Latvia’s Security Police says residency permits to Russians may threaten national security

During a Saeima Defense, Internal Affairs and Corruption Prevention Committee meeting on Wednesday, committee members analyzed a report from the Interior Ministry on the residency permit process and the results.

Security Police Chief Ints Ulmanis told committee members that the verification process of those applying for residency permits has become a burden to the Security Police, as its capacity, due to budget cuts, is not endless. In 2012, the Security Police carried out background checks on 2,770 persons, in 2013 – 4,196 persons, but so far this year – already 3,847 persons.

The results of the initial background checks do not show that these persons are a threat to national security. Over the past two years, only six persons have been denied residency permits by the Security Police. They point out that there were various reasons for denying these residency permits, including affiliation with organized crime, as well as activities of fraud or corruption.

The Security Police also monitors those who have been granted residency permits.
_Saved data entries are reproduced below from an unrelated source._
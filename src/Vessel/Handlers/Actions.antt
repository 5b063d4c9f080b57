-- ===== src/Vessel/Handlers/Actions.antt =====
-- The requests to the handlers and the items of a sync, as actions on a report. A report that is deleted has no
-- further actions, and deleting is none of them.
use ovl.Base.{ℕ, String, Bool, List, [], ◌∷◌}
use ovl.Base.Dict.{Dict}
use ovl.Base.Floats.{Floats}
use ovl.Validation.Report.{Value}
use ovl.Vessel.Handlers.{
  Desk, Context, handle_save_section, handle_check_report, handle_submit_report,
  handle_start_correction, mark_report_synced, apply_remark_set, apply_invalidation_notice,
  cascade_report,
}

-- One request to a handler, or one item of a sync.
pub data Action (F : Type 0) : Type 0 where
  save : ℕ → Bool → String → Dict (Value F) → String → Action F
  check : ℕ → Context F → Action F
  press_submit : ℕ → Bool → String → Action F
  correct : ℕ → String → Action F
  acknowledge : ℕ → Action F
  remark : List String → String → ℕ → Action F
  cascade : List String → ℕ → Action F
  notice : List String → ℕ → Action F

module _ {F : Type 0} ⦃fl : Floats F⦄ where
  unfoldable pub act : Action F → Desk F → Desk F
  act (save now locked section changes user) d =
      (handle_save_section d now locked section changes user).0
  act (check now ctx) d = (handle_check_report d now ctx).0
  act (press_submit now can user) d = (handle_submit_report d now can user).0
  act (correct now user) d = (handle_start_correction d now user).0
  act (acknowledge at) d = mark_report_synced d at
  act (remark fields actor at) d = apply_remark_set d fields actor at
  act (cascade rules at) d = cascade_report d rules at
  act (notice rules at) d = apply_invalidation_notice d rules at

  unfoldable pub run : List (Action F) → Desk F → Desk F
  run [] d = d
  run (a ∷ as') d = run as' (act a d)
Overall, there has only been one case in which a person’s residency permit has been revoked due to his or her activities in Latvia.

The Security Police have concluded that those who apply for residency permits are mostly persons who are well-off financially, who for one reason or another wish to obtain residency permits in Latvia. “Some persons like it here, that everything has been put into order and we are in Europe. Others need residency permits to travel within Europe, and basically do not reside here,” Ulmanis added.

“However, from the point of view of security services, we see that there has been an increase in the number of Russian residents granted residency permits, and this is something that must be seriously considered. Individually, these persons are not a risk to Latvia’s security, however, taking into account Russia’s rhetoric, that they are prepared to ‘defend’ their citizens abroad, this circumstance can increase risks to Latvia’s security in the future,” Ulmanis emphasized.